Stored data entries
::::::::
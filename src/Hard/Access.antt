-- ===== src/Hard/Access.antt =====
-- A read returns the value of the key and changes no value; a write changes that of its key only.
use repart_kv.Common.{
  ℕ, ◌<◌, ◌≡◌, some, [], get_elem?, set, arith, Bool-cases, length-set, Option-cases, ◌==◌, inl,
  none, ap, refl, sym, ==_iff, inr, ◌∙◌, get_elem?-set, lt-get_elem?,
}
use repart_kv.Common.Result.{ok}
use repart_kv.Key.{Key, Value}
use repart_kv.Storage.{Backend, StorageEngine, Status, success, not_found, found_or}
use repart_kv.KeyStorage.{KeyStorage}
use repart_kv.Locks.{lock_shared, unlock_shared}
use repart_kv.Tracking.{Tracking}
use repart_kv.Common.Result.{Returns}
use repart_kv.Hard.{Hard, track, read_impl}
use repart_kv.Hard.Invariant.{
  released-Agrees, Agrees, Inv, at_engine, track-Agrees, view, Agrees-Inv, Agrees-view, engine_of,
}
use repart_kv.Storage.Laws.{held-read, read_result, held}
use repart_kv.Storage

module _ {B : Backend} {P : KeyStorage ℕ} {T : Tracking} where
  -- The state behind a read in the partition `p`.
  abbrev after_read : Hard B P T → ℕ → StorageEngine B → Key → Value → Hard B P T
  after_read s p e key value =
      track key (record s { held = []; storages = set s.storages p (Storage.read e key value).0 })

  read_missing :
      (s : Hard B P T) (key : Key) (value : Value)
      → s.held ≡ []
      → P.get s.storage_map key ≡ none
      → read_impl s key value ≡ ok (record s { held = [] }, not_found, value)
  unfolding read_impl lock_shared unlock_shared
  read_missing s key value free hp = ground arith

  read_found :
      (s : Hard B P T) (key : Key) (value : Value) (p : ℕ) (e : StorageEngine B)
      → s.held ≡ []
      → p < s.partition_count
      → P.get s.storage_map key ≡ some p
      → get_elem? s.storages p ≡ some e
      → read_impl s key value
        ≡ ok
            (after_read s p e key value, (Storage.read e key value).1, (Storage.read e key value).2)
  unfolding read_impl lock_shared unlock_shared
  read_found s key value p e free range hp he = ground arith

  at_engine-set :
      (s : Hard B P T) (p : ℕ) (e f : StorageEngine B)
      → get_elem? s.storages p ≡ some e
      → ((k : Key) → held k f ≡ held k e)
      → (k : Key) (q : ℕ)
      → at_engine k (get_elem? (set s.storages p f) q) ≡ at_engine k (get_elem? s.storages q)
  at_engine-set s p e f he same k q = elim (Bool-cases (p == q)) [
    | inl here ↦
        let at_p : get_elem? s.storages q ≡ some e =
          ap (get_elem? s.storages) (sym ((==_iff p q).0 here)) ∙ he in
        rw (get_elem?-set s.storages p q f (lt-get_elem? s.storages p e he), here, at_p) (same k)
    | inr there ↦ rw (get_elem?-set s.storages p q f (lt-get_elem? s.storages p e he), there)
  ]

  after_read-Agrees :
      (s : Hard B P T) (p : ℕ) (e : StorageEngine B) (key : Key) (value : Value)
      → get_elem? s.storages p ≡ some e
      → Agrees s (after_read s p e key value)
  after_read-Agrees s p e key value he = track-Agrees key (record {
    released = refl;
    count = refl;
    sized = length-set s.storages p _;
    maps = λ k. refl;
    valid = λ v. v;
    engines = at_engine-set s p e _ he (λ k. held-read e key k value);
  })

  -- Under the invariant a read returns, and its result is the value of the key in the view, with
  -- the status `not_found` and the old contents of the parameter for a key that is not there.
  -- The view stays as it was, and so does the invariant.
  pub read-view :
      (s : Hard B P T) (key : Key) (value : Value)
      → Inv s
      → Returns (read_impl s key value) λ r.
        ((r.1, r.2) ≡ found_or value (view s key))
        × Inv r.0
        × ((k : Key) → view r.0 k ≡ view s k)
        × (r.0.partition_count ≡ s.partition_count)
  read-view s key value i = elim (Option-cases (P.get s.storage_map key)) [
    | inl miss ↦
        rw (read_missing s key value i.released miss, miss)
          (refl, Agrees-Inv (released-Agrees s) i, Agrees-view (released-Agrees s), refl)
    | inr (p, hit) ↦
        let (e, he) = engine_of s i key p hit in
        let a = after_read-Agrees s p e key value he in
        rw (read_found s key value p e i.released (i.mapped key p hit) hit he, hit, he)
          (read_result e key value, Agrees-Inv a i, Agrees-view a, a.count)
  ]
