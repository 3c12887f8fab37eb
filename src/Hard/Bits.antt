-- ===== src/Hard/Bits.antt =====
-- The bit set of a scan, and the loops that take and release the mutexes of its partitions.
use mathlib.Core.List.{append_assoc, append-nil}
use repart_kv.Common.{
  ℕ, zero, suc, ◌+◌, ◌≤◌, ◌<◌, ◌≡◌, refl, sym, ap, inl, inr, true, false, ◌||◌, List, [], ◌∷◌, ◌++◌,
  arith, ltb, if◌then◌else◌, Bool-cases, All,
}
use repart_kv.Common.Result.{ok}
use repart_kv.SortedMap.{Entries}
use repart_kv.Locks.{
  Lock, Hold, partition, shared, exclusive, is_held, lock_shared, unlock_shared_head,
}
use repart_kv.Hard.{
  Bitset, max_partition_count, contains, set_bit, test, mark, lock_marked, unlock_marked,
}

-- `mark` succeeds while the partitions fit the bit set, and sets the bit of each.
pub mark_lem :
    (pairs : Entries ℕ) (bits : Bitset)
    → All (λ e. e.1 < max_partition_count) pairs
    → (b : Bitset) × (mark pairs bits ≡ ok b)
      × All (λ e. contains e.1 b ≡ true) pairs
      × ((p : ℕ) → contains p bits ≡ true → contains p b ≡ true)
unfolding mark set_bit
mark_lem [] bits h = (bits, refl, tt, λ p c. c)
mark_lem ((k, p) ∷ pairs) bits h =
    let (b, e, all, old) = mark_lem pairs (p ∷ bits) h.1 in
    (b, ground arith, (old p (ground arith), all), λ q c. old q (ground arith))

-- The mutexes that a round from `i` on takes.
abbrev pub marked : ℕ → ℕ → Bitset → List Hold
marked zero i bits = []
marked (suc n) i bits =
    let rest = marked n (i + 1) bits in
    if contains i bits then shared (partition i) ∷ rest else rest

-- No mutex of a partition from `i` on is held.
abbrev pub FreeFrom : ℕ → List Hold → Type 0
FreeFrom i h = (j : ℕ) → i ≤ j → is_held (partition j) h ≡ false

pub is_held-append :
    (l : Lock) (h g : List Hold) → is_held l (h ++ g) ≡ (is_held l h || is_held l g)
unfolding is_held
is_held-append l [] g = refl
is_held-append l (shared m ∷ h) g = ground (arith, is_held-append l h g)
is_held-append l (exclusive m ∷ h) g = ground (arith, is_held-append l h g)

pub FreeFrom-next :
    (i : ℕ) (h : List Hold) → FreeFrom i h → FreeFrom (i + 1) (h ++ shared (partition i) ∷ [])
unfolding is_held
FreeFrom-next i h f j le =
    ground (arith, is_held-append (partition j) h (shared (partition i) ∷ []), f j (omega arith))

pub lock_marked_lem :
    (n i : ℕ) (bits : Bitset) (h : List Hold)
    → i + n ≤ max_partition_count
    → FreeFrom i h
    → lock_marked n i bits h ≡ ok (h ++ marked n i bits)
unfolding lock_marked test lock_shared
lock_marked_lem zero i bits h le f = ap ok (sym (append-nil h))
lock_marked_lem (suc n) i bits h le f = elim (Bool-cases (contains i bits)) [
  | inl here ↦
      let fits : ltb i max_partition_count ≡ true = ground arith in
      rw
        (
          fits,
          here,
          f i (omega arith),
          lock_marked_lem n (i + 1) bits (h ++ shared (partition i) ∷ []) (omega arith)
              (FreeFrom-next i h f),
        )
        (ap ok (append_assoc h (shared (partition i) ∷ []) (marked n (i + 1) bits)))
  | inr absent ↦
      let fits : ltb i max_partition_count ≡ true = ground arith in
      rw (fits, absent) (lock_marked_lem n (i + 1) bits h (omega arith) (λ j lj. f j (omega arith)))
]

-- What the first loop takes the second releases.
pub unlock_marked_lem :
    (n i : ℕ) (bits : Bitset)
    → i + n ≤ max_partition_count
    → unlock_marked n i bits (marked n i bits) ≡ ok []
unfolding unlock_marked test
unlock_marked_lem zero i bits le = refl
unlock_marked_lem (suc n) i bits le = elim (Bool-cases (contains i bits)) [
  | inl here ↦
      let fits : ltb i max_partition_count ≡ true = ground arith in
      rw (fits, here, unlock_shared_head (partition i) (marked n (i + 1) bits))
        (unlock_marked_lem n (i + 1) bits (omega arith))
  | inr absent ↦
      let fits : ltb i max_partition_count ≡ true = ground arith in
      rw (fits, absent) (unlock_marked_lem n (i + 1) bits (omega arith))
]
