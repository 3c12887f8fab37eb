-- ===== src/SortedMap/Ext.antt =====
-- Sorted entries are determined by their lookups.
use repart_kv.Common.{
  ◌≡◌, refl, sym, ◌∙◌, subst, true, none, some, [], ◌∷◌, arith, Bool-cases, inl, inr,
}
use repart_kv.Key.{Key, key_eq, key_lt}
use repart_kv.Key.Laws.{key_eq_iff, key_eq_refl, key_lt_irrefl, key_lt_total, key_lt_trans}
use repart_kv.SortedMap.{Entries, lookup, IsBelow, IsSorted}

module _ {ℓ} {V : Type ℓ} where
  pub lookup-IsBelow : (k : Key) (m : Entries V) → IsBelow k m → lookup k m ≡ none
  unfolding lookup
  lookup-IsBelow k [] b = refl
  lookup-IsBelow k (e ∷ m) b =
      ground (arith, lookup-IsBelow k m b.1, b.0, key_eq_iff e.0 k, key_lt_irrefl k)

  -- A key below the first is not there.
  lookup-below_head :
      (k : Key) (e : Key × V) (m : Entries V)
      → key_lt k e.0 ≡ true
      → IsSorted (e ∷ m)
      → lookup k (e ∷ m) ≡ none
  lookup-below_head k e m lt s = lookup-IsBelow k (e ∷ m) (lt, below m s.0)
    where
      below : (n : Entries V) → IsBelow e.0 n → IsBelow k n
      below [] b = tt
      below (d ∷ n) b = (key_lt_trans k e.0 d.0 lt b.0, below n b.1)

  lookup-head : (e : Key × V) (m : Entries V) → lookup e.0 (e ∷ m) ≡ some e.1
  unfolding lookup
  lookup-head e m = rw (key_eq_refl e.0)

  tails :
      (d e : Key × V) (m n : Entries V)
      → d.0 ≡ e.0
      → IsBelow d.0 m
      → IsBelow e.0 n
      → ((k : Key) → lookup k (d ∷ m) ≡ lookup k (e ∷ n))
      → (k : Key) → lookup k m ≡ lookup k n
  tails d e m n same bm bn h k = elim (Bool-cases (key_eq d.0 k)) [
    | inl here ↦
        let e₁ : d.0 ≡ k = (key_eq_iff d.0 k).0 here in
        subst (λ i. lookup i m ≡ none) e₁ (lookup-IsBelow d.0 m bm)
        ∙ sym (subst (λ i. lookup i n ≡ none) (sym same ∙ e₁) (lookup-IsBelow e.0 n bn))
    | inr there ↦ unfold lookup in ground (arith, h k, same)
  ]

  pub sorted_ext :
      (m n : Entries V) → IsSorted m → IsSorted n → ((k : Key) → lookup k m ≡ lookup k n) → m ≡ n
  sorted_ext [] [] sm sn h = refl
  sorted_ext [] (e ∷ n) sm sn h = unfold lookup in cc (h e.0, lookup-head e n)
  sorted_ext (d ∷ m) [] sm sn h = unfold lookup in cc (h d.0, lookup-head d m)
  sorted_ext (d ∷ m) (e ∷ n) sm sn h = elim (Bool-cases (key_lt d.0 e.0)) [
    | inl lt ↦ absurd (cc (h d.0, lookup-head d m, lookup-below_head d.0 e n lt sn))
    | inr ge ↦ elim (Bool-cases (key_lt e.0 d.0)) [
      | inl gt ↦ absurd (cc (h e.0, lookup-head e n, lookup-below_head e.0 d m gt sm))
      | inr le ↦
          let same : d.0 ≡ e.0 = key_lt_total d.0 e.0 ge le in
          let rest : m ≡ n = sorted_ext m n sm.1 sn.1 (tails d e m n same sm.0 sn.0 h) in
          let value : d.1 ≡ e.1 = cc (h d.0, lookup-head d m, lookup-head e n, same) in
          λ i. (same i, value i) ∷ rest i
    ]
  ]
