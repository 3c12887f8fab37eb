-- ===== src/Hard/Scans.antt =====
-- A scan returns the entries of the view, in the order of the keys.
use mathlib.Core.List.{append_assoc, append-nil}
use repart_kv.SortedMap.Laws.{Finds-self, All-lower_bound}
use repart_kv.Hard.Bits.{mark_lem, marked, lock_marked_lem, unlock_marked_lem}
use repart_kv.Common.{
  ℕ, ◌≤◌, ◌<◌, ◌≡◌, refl, sym, ap, ◌∙◌, Option, none, some, List, [], ◌∷◌, ◌++◌, map, arith,
  get_elem?, take, All, All-take, All-map,
}
use repart_kv.Common.Result.{ok, Returns}
use repart_kv.Key.{Key, Value}
use repart_kv.SortedMap.{Entries, lower_bound}
use repart_kv.Storage.{Backend, StorageEngine, Status, success, not_found}
use repart_kv.Storage.Laws.{held}
use repart_kv.KeyStorage.{KeyStorage}
use repart_kv.Locks.{key_map, shared, lock_shared, unlock_shared_head}
use repart_kv.Tracking.{Tracking}
use repart_kv.Hard.{Hard, max_partition_count, track_all, find_all, scan_impl}
use repart_kv.Hard.Invariant.{
  released-Agrees, at_engine, at_partition, view, Inv, Agrees-view, Agrees-Inv, track_all-Agrees,
  engine_of,
}

-- The keys of `pairs` with the values that `f` gives them.
abbrev pub with_value : Key → Option Value → Entries Value → Entries Value
with_value k none m = m
with_value k (some v) m = (k, v) ∷ m

abbrev pub shown : (Key → Option Value) → Entries ℕ → Entries Value
shown f [] = []
shown f ((k, p) ∷ pairs) = with_value k (f k) (shown f pairs)

-- The status of a scan over `pairs` that starts with `status`.
abbrev pub scanned : Status → Entries ℕ → Status
scanned status [] = status
scanned status (e ∷ pairs) = success

scanned_success : (pairs : Entries ℕ) → scanned success pairs ≡ success
scanned_success [] = refl
scanned_success (e ∷ pairs) = refl

find_all_step :
    {B : Backend} (xs : List (StorageEngine B)) (k : Key) (p : ℕ) (pairs : Entries ℕ)
    (status : Status) (results : Entries Value) (e : StorageEngine B) (v : Value)
    → get_elem? xs p ≡ some e
    → held k e ≡ some v
    → find_all xs ((k, p) ∷ pairs) status results
      ≡ find_all xs pairs success (results ++ (k, v) ∷ [])
unfolding find_all
find_all_step {B} xs k p pairs status results e v he hv =
    ground (arith, B.find_impl_lem e.store k [])

module _ {B : Backend} {P : KeyStorage ℕ} {T : Tracking} where
  abbrev IsMapped : Hard B P T → Key × ℕ → Type 0
  IsMapped s e = P.get s.storage_map e.0 ≡ some e.1

  -- The keys that a scan meets are mapped to the partitions that it sees.
  pairs-IsMapped :
      (s : Hard B P T) (k : Key) (limit : ℕ)
      → Inv s
      → All (IsMapped s) (P.scan s.storage_map k limit)
  pairs-IsMapped s k limit i =
      let m = P.entries s.storage_map in
      let finds = Finds-self m (P.entries-IsSorted s.storage_map i.valid) in
      rw (P.scan_lem s.storage_map k limit) (
        All-take (IsMapped s) limit (lower_bound k m) (
          All-lower_bound (IsMapped s) k m
            (All-map m (λ e h. P.get_lem s.storage_map e.0 ∙ h) finds)))

  shown_step :
      (s : Hard B P T) (k : Key) (p : ℕ) (pairs : Entries ℕ) (v : Value)
      → view s k ≡ some v
      → shown (view s) ((k, p) ∷ pairs) ≡ (k, v) ∷ shown (view s) pairs
  shown_step s k p pairs v h = ap (λ o. with_value k o (shown (view s) pairs)) h

  find_all_lem :
      (s : Hard B P T) (pairs : Entries ℕ) (status : Status) (results : Entries Value)
      → Inv s
      → All (IsMapped s) pairs
      → find_all s.storages pairs status results
        ≡ ok (scanned status pairs, results ++ shown (view s) pairs)
  find_all_lem s [] status results i h =
      unfold find_all in ap (λ (m : Entries Value). ok (status, m)) (sym (append-nil results))
  find_all_lem s ((k, p) ∷ pairs) status results i h =
      let (e, he) = engine_of s i k p h.0 in
      let (v, hv) = i.stored k p h.0 in
      let here : held k e ≡ some v = ap (at_engine k) (sym he) ∙ hv in
      let seen : view s k ≡ some v = ap (at_partition s k) h.0 ∙ hv in
      find_all_step s.storages k p pairs status results e v he here
      ∙ find_all_lem s pairs success (results ++ (k, v) ∷ []) i h.1
      ∙ rw
          (shown_step s k p pairs v seen, append_assoc results ((k, v) ∷ []) (shown (view s) pairs))
          (ap (λ (t : Status). ok (t, results ++ (k, v) ∷ shown (view s) pairs))
            (scanned_success pairs))

  abbrev pub scanned_pairs : Hard B P T → Key → ℕ → Entries ℕ
  scanned_pairs s k limit = take limit (lower_bound k (P.entries s.storage_map))

  scan_impl_lem :
      (s : Hard B P T) (k : Key) (limit : ℕ) (results : Entries Value)
      → Inv s
      → s.partition_count ≤ max_partition_count
      → scan_impl s k limit results
        ≡ ok (
          track_all (map (λ e. e.0) (P.scan s.storage_map k limit)) (record s { held = [] }),
          scanned not_found (P.scan s.storage_map k limit),
          results ++ shown (view s) (P.scan s.storage_map k limit),
        )
  unfolding scan_impl lock_shared
  scan_impl_lem s k limit results i few =
      let pairs = P.scan s.storage_map k limit in
      let all = pairs-IsMapped s k limit i in
      let (bits, hb, _, _) = mark_lem pairs [] (All-map pairs (λ e h. below e.0 e.1 h) all) in
      let n = s.partition_count in
      rw (
        i.released,
        hb,
        lock_marked_lem n 0 bits (shared key_map ∷ []) (omega arith) (λ j _. refl),
        unlock_shared_head key_map (marked n 0 bits),
        find_all_lem s pairs not_found results i all,
        unlock_marked_lem n 0 bits (omega arith),
      )
    where
      below : (k : Key) (p : ℕ) → P.get s.storage_map k ≡ some p → p < max_partition_count
      below k p h = omega (arith, i.mapped k p h)

  -- Under the invariant, with at most 32 partitions, a scan returns. It appends to the results
  -- the first `limit` entries of the view whose keys are not less than the start, in order, with
  -- the status `success` if there are any and `not_found` if there are none; the view stays as it
  -- was, and so does the invariant.
  pub scan-view :
      (s : Hard B P T) (k : Key) (limit : ℕ) (results : Entries Value)
      → Inv s
      → s.partition_count ≤ max_partition_count
      → Returns (scan_impl s k limit results) λ r.
        (r.1 ≡ scanned not_found (scanned_pairs s k limit))
        × (r.2 ≡ results ++ shown (view s) (scanned_pairs s k limit))
        × Inv r.0
        × ((j : Key) → view r.0 j ≡ view s j)
        × (r.0.partition_count ≡ s.partition_count)
  scan-view s k limit results i few =
      let a =
        track_all-Agrees (map (λ e. e.0) (P.scan s.storage_map k limit)) (released-Agrees s) in
      rw (scan_impl_lem s k limit results i few) (
        ap (scanned not_found) (P.scan_lem s.storage_map k limit),
        ap (λ m. results ++ shown (view s) m) (P.scan_lem s.storage_map k limit),
        Agrees-Inv a i,
        Agrees-view a,
        a.count,
      )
::::::::
From the records above, transcribe exactly the run of lines that opens with the line holding "(pairs : Entries ℕ) (bits : Bitset)" and closes with the line holding "FreeFrom i h = (j", both included.

» **Solution to the exercise**
    (pairs : Entries ℕ) (bits : Bitset)
    → All (λ e. e.1 < max_partition_count) pairs
    → (b : Bitset) × (mark pairs bits ≡ ok b)
      × All (λ e. contains e.1 b ≡ true) pairs
      × ((p : ℕ) → contains p bits ≡ true → contains p b ≡ true)
unfolding mark set_bit
mark_lem [] bits h = (bits, refl, tt, λ p c. c)
mark_lem ((k, p) ∷ pairs) bits h =
    let (b, e, all, old) = mark_lem pairs (p ∷ bits) h.1 in
    (b, ground arith, (old p (ground arith), all), λ q c. old q (ground arith))

-- The mutexes that a round from `i` on takes.
abbrev pub marked : ℕ → ℕ → Bitset → List Hold
marked zero i bits = []
marked (suc n) i bits =
    let rest = marked n (i + 1) bits in
    if contains i bits then shared (partition i) ∷ rest else rest

-- No mutex of a partition from `i` on is held.
abbrev pub FreeFrom : ℕ → List Hold → Type 0
FreeFrom i h = (j : ℕ) → i ≤ j → is_held (partition j) h ≡ false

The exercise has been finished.